### TASK DIRECTIONS
Write out only the opening lines of the entries, through the line with "swapped (some x')".

═════ LISTED ENTRIES

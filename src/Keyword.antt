-- ===== src/Keyword.antt =====
-- internal/diag/keywords.go: suggestions for misspelled keywords. The parser's table of keywords is an
-- argument: its keys, sorted.
pub mod Alignment
use sql_ai_tools.Prelude.{
  ℕ, zero, suc, ◌+◌, min, Bool, true, false, ◌&&◌, ◌||◌, List, [], ◌∷◌, Option, none, some, Bytes,
  codes, length, get_or, ltb, ◌==◌, if◌then◌else◌,
}
use sql_ai_tools.Text.{bytes_eq}
use sql_ai_tools.Position.{Position}
use sql_ai_tools.Suggest.{
  count_from, cost, cell, is_empty, to_lower, max_distance, Suggestion, suggest_with_distance,
}

-- The test `a[i-1] == b[j-2] && a[i-2] == b[j-1]` with the bound checks on `i` and `j`.
unfoldable pub swapped : Option ℕ → ℕ → Option ℕ → ℕ → Bool
swapped (some x') x (some y') y = x == y' && x' == y
swapped _ x _ y = false

-- `if t := prevPrev[j-2] + 1; t < best { best = t }`.
unfoldable pub least : Bool → ℕ → ℕ → ℕ
least found best t = if found then (if ltb t best then t else best) else best

-- The inner loop: `older` is `prevPrev` from `prevPrev[j-2]` on, `prev` from `prev[j-1]` on, `left` is
-- `curr[j-1]`, and `y'` is `b[j-2]`. A row that is too short, on which the code would panic, ends it.
unfoldable pub fill_aligned : Option ℕ → ℕ → Option ℕ → Bytes → List ℕ → List ℕ → ℕ → List ℕ
unfolding cell cost swapped least
fill_aligned x' x y' [] older prev left = []
fill_aligned x' x y' (y ∷ b) (corner ∷ older) (diagonal ∷ above ∷ prev) left =
    let best = cell (above + 1) (left + 1) (diagonal + cost x y) in
    let here = least (swapped x' x y' y) best (corner + 1) in
    here ∷ fill_aligned x' x (some y) b older (above ∷ prev) here
fill_aligned x' x y' (y ∷ b) _ _ left = []

-- The outer loop from row `i` on. At `j = 1` nothing of `prevPrev` is read: a zero stands in front.
unfoldable pub fill_aligned_rows : ℕ → Option ℕ → Bytes → Bytes → List ℕ → List ℕ → List ℕ
unfolding fill_aligned
fill_aligned_rows i x' [] b prev_prev prev = prev
fill_aligned_rows i x' (x ∷ a) b prev_prev prev =
    fill_aligned_rows (suc i) (some x) a b prev
      (i ∷ fill_aligned x' x none b (0 ∷ prev_prev) prev i)

-- `make([]int, len(b)+1)`.
unfoldable pub zeros : Bytes → List ℕ
zeros [] = 0 ∷ []
zeros (y ∷ b) = 0 ∷ zeros b

unfoldable pub damerau_levenshtein : Bytes → Bytes → ℕ
unfolding bytes_eq fill_aligned_rows count_from zeros
damerau_levenshtein a b =
    if bytes_eq a b
    then 0
    else if length a == 0
    then length b
    else if length b == 0
    then length a
    else get_or (fill_aligned_rows 1 none a b (zeros b) (count_from 0 b)) (length b) 0

abbrev pub keyword_suggestion_distance_cap : ℕ
keyword_suggestion_distance_cap = 2

unfoldable pub listed_in : List Bytes → Bytes → Bool
unfolding bytes_eq
listed_in [] s = false
listed_in (k ∷ ks) s = bytes_eq k s || listed_in ks s

-- `IsKeyword`; `lowerASCII` is the lower case of ASCII.
unfoldable pub is_keyword : List Bytes → Bytes → Bool
unfolding is_empty to_lower listed_in
is_keyword keywords token = if is_empty token then false else listed_in keywords (to_lower token)

-- `SuggestKeyword`.
unfoldable pub suggest_keyword : List Bytes → Bytes → Option Position → List Suggestion
unfolding is_empty is_keyword
suggest_keyword keywords token none = []
suggest_keyword keywords token (some p) =
    let per_len = max_distance (length token) in
    let limit =
      if ltb per_len keyword_suggestion_distance_cap
      then per_len
      else keyword_suggestion_distance_cap in
    if is_empty token
    then []
    else if is_keyword keywords token
    then []
    else suggest_with_distance token keywords (some p) limit damerau_levenshtein
        (codes "damerau_levenshtein_distance") true
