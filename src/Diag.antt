-- ===== src/Diag.antt =====
-- internal/diag/error.go and category.go: errors of the parser and of a cluster as entries of the
-- envelope, with `CharIndexToByteOffset` of position.go. What the packages pgerror and pgconn say of
-- an error is a record.
pub mod Runes
use sql_ai_tools.Prelude.{
  ℕ, zero, suc, ◌+◌, ◌-◌, Bool, true, false, ◌||◌, ◌&&◌, List, [], ◌∷◌, ◌++◌, Option, none, some,
  Bytes, codes, length, take, drop, get_elem?, ltb, leb, ◌==◌, if◌then◌else◌, String,
}
use sql_ai_tools.Prelude.Int.{ℤ, pos, negsuc}
use sql_ai_tools.Text.{bytes_eq, has_prefix, index}
use sql_ai_tools.Position.{Position, position_from_byte_offset, extract_position}
use sql_ai_tools.Suggest.{Suggestion}
use sql_ai_tools.Keyword.{suggest_keyword}

pub data Category : Type 0 where
  syntax_error type_mismatch unknown_column unknown_table unknown_function : Category
  ambiguous_reference permission_denied connection_error query_canceled uncategorized : Category

pub record Entry : Type 0 where
  pub code : Bytes
  pub category : Category

abbrev pub entry : String → Category → Entry
entry s c = record { code = codes s; category = c }

-- `codeCategory` and `classCategory`.
abbrev pub code_category : List Entry
code_category =
    entry "42601" syntax_error
    ∷ entry "42703" unknown_column
    ∷ entry "42P01" unknown_table
    ∷ entry "42883" unknown_function
    ∷ entry "42804" type_mismatch
    ∷ entry "42702" ambiguous_reference
    ∷ entry "42725" ambiguous_reference
    ∷ entry "42P08" ambiguous_reference
    ∷ entry "42P09" ambiguous_reference
    ∷ entry "42P10" unknown_column
    ∷ entry "42501" permission_denied
    ∷ entry "57014" query_canceled
    ∷ []

abbrev pub class_category : List Entry
class_category =
    entry "42" syntax_error ∷ entry "22" type_mismatch ∷ entry "08" connection_error ∷ []

unfoldable pub lookup_category : List Entry → Bytes → Option Category
unfolding bytes_eq
lookup_category [] code = none
lookup_category (e ∷ entries) code =
    let rest = lookup_category entries code in
    if bytes_eq e.code code then some e.category else rest

abbrev pub or_uncategorized : Option Category → Category
or_uncategorized none = uncategorized
or_uncategorized (some c) = c

unfoldable pub class_of : Bytes → Option Category
unfolding lookup_category
class_of (a ∷ b ∷ rest) = lookup_category class_category (a ∷ b ∷ [])
class_of _ = none

abbrev pub first_of : Option Category → Option Category → Option Category
first_of (some c) other = some c
first_of none other = other

-- `CategoryForCode`.
unfoldable pub category_for_code : Bytes → Category
unfolding lookup_category class_of
category_for_code code =
    or_uncategorized (first_of (lookup_category code_category code) (class_of code))

-- `output.Error`, as far as this package fills it.
pub record Diagnosis : Type 0 where
  pub code : Bytes
  pub severity : Bytes
  pub message : Bytes
  pub position : Option Position
  pub category : Category
  pub suggestions : List Suggestion

abbrev pub severity_error : Bytes
severity_error = codes "ERROR"

-- The first text that is not empty, or the default.
unfoldable pub first_severity : List Bytes → Bytes
first_severity [] = severity_error
first_severity ([] ∷ rest) = first_severity rest
first_severity ((c ∷ s) ∷ rest) = c ∷ s

unfoldable pub is_ident_start : ℕ → Bool
is_ident_start c = c == 95 || (leb 65 c && leb c 90) || (leb 97 c && leb c 122)

unfoldable pub is_ident_cont : ℕ → Bool
unfolding is_ident_start
is_ident_cont c = is_ident_start c || (leb 48 c && leb c 57)

-- The loop of `identifierAt`.
unfoldable pub ident_run : Bytes → Bytes
unfolding is_ident_cont
ident_run [] = []
ident_run (c ∷ s) = let rest = ident_run s in if is_ident_cont c then c ∷ rest else []

unfoldable pub ident_from : Bytes → Bytes
unfolding is_ident_start ident_run
ident_from [] = []
ident_from (c ∷ s) = if is_ident_start c then c ∷ ident_run s else []

-- `identifierAt`; the offset of a position is never negative.
unfoldable pub identifier_at : Bytes → Option Position → Bytes
unfolding ident_from
identifier_at sql none = []
identifier_at sql (some p) = ident_from (drop p.byte_offset sql)

-- The text before the first `sep`, or all of it.
unfoldable pub before : Bytes → Bytes → Bytes
unfolding has_prefix
before sep [] = []
before sep (c ∷ s) = let rest = before sep s in if has_prefix (c ∷ s) sep then [] else c ∷ rest

-- What pgerror says of an error of the parser: its code, severity and flattened detail, and its text.
pub record PgError : Type 0 where
  pub code : Bytes
  pub severity : Bytes
  pub detail : Bytes
  pub text : Bytes

-- `FromParseError`.
unfoldable pub from_parse_error : List Bytes → PgError → Bytes → Diagnosis
unfolding first_severity before identifier_at category_for_code
from_parse_error keywords e sql =
    let at = extract_position (before (codes "\n--\n") e.detail) sql in
    record {
      code = e.code;
      severity = first_severity (e.severity ∷ []);
      message = e.text;
      position = at;
      category = category_for_code e.code;
      suggestions = suggest_keyword keywords (identifier_at sql at) at;
    }

abbrev pub at_index : Bytes → Option ℕ → Option Position
at_index sql none = none
at_index sql (some k) = position_from_byte_offset sql (pos k)

unfoldable pub expression_position : Bytes → Bytes → Option Position
unfolding index
expression_position [] sql = none
expression_position (c ∷ expr) sql = at_index sql (index sql (c ∷ expr))

-- `FromTypeError`.
unfoldable pub from_type_error : PgError → Bytes → Bytes → Diagnosis
unfolding first_severity expression_position
from_type_error e expr sql = record {
  code = e.code;
  severity = first_severity (e.severity ∷ []);
  message = e.text;
  position = expression_position expr sql;
  category = uncategorized;
  suggestions = [];
}

-- The number of bytes of the first code point of `c ∷ s`; an invalid byte is one of its own.
abbrev pub is_cont : ℕ → ℕ → Option ℕ → Bool
is_cont low high none = false
is_cont low high (some c) = leb low c && leb c high

unfoldable pub two : Bytes → ℕ → ℕ → ℕ
two s low high = if is_cont low high (get_elem? s 0) then 2 else 1

unfoldable pub three : Bytes → ℕ → ℕ → ℕ
three s low high =
    if is_cont low high (get_elem? s 0) && is_cont 128 191 (get_elem? s 1) then 3 else 1

unfoldable pub four : Bytes → ℕ → ℕ → ℕ
four s low high =
    if is_cont low high (get_elem? s 0)
      && is_cont 128 191 (get_elem? s 1)
      && is_cont 128 191 (get_elem? s 2)
    then 4
    else 1

unfoldable pub width : ℕ → Bytes → ℕ
unfolding two three four
width c s =
    if ltb c 194
    then 1
    else if ltb c 224
    then two s 128 191
    else if c == 224
    then three s 160 191
    else if c == 237
    then three s 128 159
    else if ltb c 240
    then three s 128 191
    else if c == 240
    then four s 144 191
    else if ltb c 244
    then four s 128 191
    else if c == 244
    then four s 128 143
    else 1

-- The bytes of the first `n` code points; `skip` bytes are left of the one that was begun.
unfoldable pub walk : ℕ → ℕ → Bytes → ℕ
unfolding width
walk skip n [] = 0
walk (suc skip) n (c ∷ s) = suc (walk skip n s)
walk zero zero (c ∷ s) = 0
walk zero (suc n) (c ∷ s) = suc (walk (width c s - 1) n s)

-- `CharIndexToByteOffset`.
unfoldable pub char_index_to_byte_offset : Bytes → ℤ → ℕ
unfolding walk
char_index_to_byte_offset sql (pos n) = walk 0 n sql
char_index_to_byte_offset sql (negsuc n) = 0

-- An error of a cluster: one with a `*pgconn.PgError` in its chain, or another with its text.
pub record ServerError : Type 0 where
  pub code : Bytes
  pub severity_unlocalized : Bytes
  pub severity : Bytes
  pub message : Bytes
  pub position : ℕ

pub data ClusterError : Type 0 where
  server_error : ServerError → ClusterError
  other_error : (text : Bytes) → ClusterError

-- The position of a server is an index of code points from 1 on; 0 is none.
unfoldable pub cluster_position : Bytes → ℕ → Option Position
unfolding char_index_to_byte_offset
cluster_position [] n = none
cluster_position (c ∷ sql) zero = none
cluster_position (c ∷ sql) (suc n) =
    position_from_byte_offset (c ∷ sql) (pos (char_index_to_byte_offset (c ∷ sql) (pos n)))

-- `FromClusterError`.
unfoldable pub from_cluster_error : ClusterError → Bytes → Diagnosis
unfolding cluster_position first_severity category_for_code
from_cluster_error (other_error text) sql = record {
  code = codes "internal_error";
  severity = severity_error;
  message = text;
  position = none;
  category = uncategorized;
  suggestions = [];
}
from_cluster_error (server_error e) sql = record {
  code = e.code;
  severity = first_severity (e.severity_unlocalized ∷ e.severity ∷ []);
  message = e.message;
  position = cluster_position sql e.position;
  category = category_for_code e.code;
  suggestions = [];
}
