-- ===== src/Text/Laws.antt =====
-- The laws of the text functions that the components' proofs use.
use sql_ai_tools.Prelude.{
  ◌≡◌, ◌↔◌, refl, true, [], ◌∷◌, ◌++◌, arith, Bytes, ℕ, zero, suc, false, ap, All, ◌==◌, take,
  length, drop,
}
use sql_ai_tools.Text.{
  bytes_eq, has_prefix, trim_prefix, trim_suffix, is_space, trim_left, trim_right, trim_space,
  split_at, split,
}

pub bytes_eq_iff : (s t : Bytes) → (bytes_eq s t ≡ true) ↔ (s ≡ t)
unfolding bytes_eq
bytes_eq_iff [] [] = (λ h. refl, λ h. refl)
bytes_eq_iff [] (c ∷ t) = (λ h. cc, λ h. cc)
bytes_eq_iff (c ∷ s) [] = (λ h. cc, λ h. cc)
bytes_eq_iff (c ∷ s) (d ∷ t) =
    (λ h. ground (arith, bytes_eq_iff s t), λ h. ground (arith, bytes_eq_iff s t))

pub has_prefix-append : (p s : Bytes) → has_prefix (p ++ s) p ≡ true
unfolding has_prefix
has_prefix-append [] s = refl
has_prefix-append (c ∷ p) s = ground (arith, has_prefix-append p s)

pub drop-length-append : (p s : Bytes) → drop (length p) (p ++ s) ≡ s
drop-length-append [] s = refl
drop-length-append (c ∷ p) s = drop-length-append p s

-- Trimming a prefix gives back what stands behind it.
pub trim_prefix-append : (p s : Bytes) → trim_prefix (p ++ s) p ≡ s
unfolding trim_prefix
trim_prefix-append p s = rw (has_prefix-append p s) (drop-length-append p s)

abbrev pub NoSpace : Bytes → Type 0
NoSpace = All (λ c. is_space c ≡ false)

trim_left-NoSpace : (s : Bytes) → NoSpace s → trim_left s ≡ s
unfolding trim_left
trim_left-NoSpace [] h = refl
trim_left-NoSpace (c ∷ s) h = rw (h.0)

trim_right-NoSpace : (s : Bytes) → NoSpace s → trim_right s ≡ s
unfolding trim_right
trim_right-NoSpace [] h = refl
trim_right-NoSpace (c ∷ s) h = ground (arith, trim_right-NoSpace s h.1)

pub trim_space-NoSpace : (s : Bytes) → NoSpace s → trim_space s ≡ s
unfolding trim_space
trim_space-NoSpace s h = rw (trim_left-NoSpace s h) (trim_right-NoSpace s h)

abbrev pub Lacks : ℕ → Bytes → Type 0
Lacks b = All (λ c. (c == b) ≡ false)

pub split-Lacks : (sep : ℕ) (s : Bytes) → Lacks sep s → split sep s ≡ s ∷ []
unfolding split
split-Lacks sep s h = rw (whole s h)
  where
    whole : (s : Bytes) → Lacks sep s → split_at sep s ≡ (s, [])
    whole [] h = refl
    whole (c ∷ s) h = ground (arith, whole s h.1)

-- A split finds the first part in front of a separator.
pub split-append :
    (sep : ℕ) (s t : Bytes) → Lacks sep s → split sep (s ++ sep ∷ t) ≡ s ∷ split sep t
unfolding split
split-append sep s t h = rw (front s h)
  where
    front : (s : Bytes) → Lacks sep s → split_at sep (s ++ sep ∷ t) ≡ (s, split sep t)
    front [] h = ground arith
    front (c ∷ s) h = ground (arith, front s h.1)

pub take_all-append : (s t : Bytes) (n : ℕ) → n ≡ length s → take n (s ++ t) ≡ s
take_all-append [] t n h = rw h
take_all-append (c ∷ s) t zero h = absurd (omega arith)
take_all-append (c ∷ s) t (suc n) h = ap (λ r. c ∷ r) (take_all-append s t n (omega arith))

pub drop_all-append : (s t : Bytes) (n : ℕ) → n ≡ length s → drop n (s ++ t) ≡ t
drop_all-append [] t n h = rw h
drop_all-append (c ∷ s) t zero h = absurd (omega arith)
drop_all-append (c ∷ s) t (suc n) h = drop_all-append s t n (omega arith)

-- A text that lacks the first byte of a suffix keeps its end.
pub trim_suffix-Lacks : (b : ℕ) (suffix s : Bytes) → Lacks b s → trim_suffix s (b ∷ suffix) ≡ s
unfolding trim_suffix bytes_eq
trim_suffix-Lacks b suffix [] h = refl
trim_suffix-Lacks b suffix (c ∷ s) h = ground (arith, trim_suffix-Lacks b suffix s h.1)

pub trim_suffix-append :
    (b : ℕ) (suffix s : Bytes) → Lacks b s → trim_suffix (s ++ b ∷ suffix) (b ∷ suffix) ≡ s
unfolding trim_suffix
trim_suffix-append b suffix [] h = rw ((bytes_eq_iff (b ∷ suffix) (b ∷ suffix)).1 refl)
trim_suffix-append b suffix (c ∷ s) h =
    ground
      (arith, trim_suffix-append b suffix s h.1, bytes_eq_iff (c ∷ (s ++ b ∷ suffix)) (b ∷ suffix))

══════════

### SOLUTION TO THIS PROBLEM
filename src/Keyword.antt
-- ===== src/Keyword.antt =====
-- internal/diag/keywords.go: suggestions for misspelled keywords. The parser's table of keywords is an
-- argument: its keys, sorted.
pub mod Alignment
use sql_ai_tools.Prelude.{
  ℕ, zero, suc, ◌+◌, min, Bool, true, false, ◌&&◌, ◌||◌, List, [], ◌∷◌, Option, none, some, Bytes,
  codes, length, get_or, ltb, ◌==◌, if◌then◌else◌,
}
use sql_ai_tools.Text.{bytes_eq}
use sql_ai_tools.Position.{Position}
use sql_ai_tools.Suggest.{
  count_from, cost, cell, is_empty, to_lower, max_distance, Suggestion, suggest_with_distance,
}

-- The test `a[i-1] == b[j-2] && a[i-2] == b[j-1]` with the bound checks on `i` and `j`.
unfoldable pub swapped : Option ℕ → ℕ → Option ℕ → ℕ → Bool
swapped (some x') x (some y') y = x == y' && x' == y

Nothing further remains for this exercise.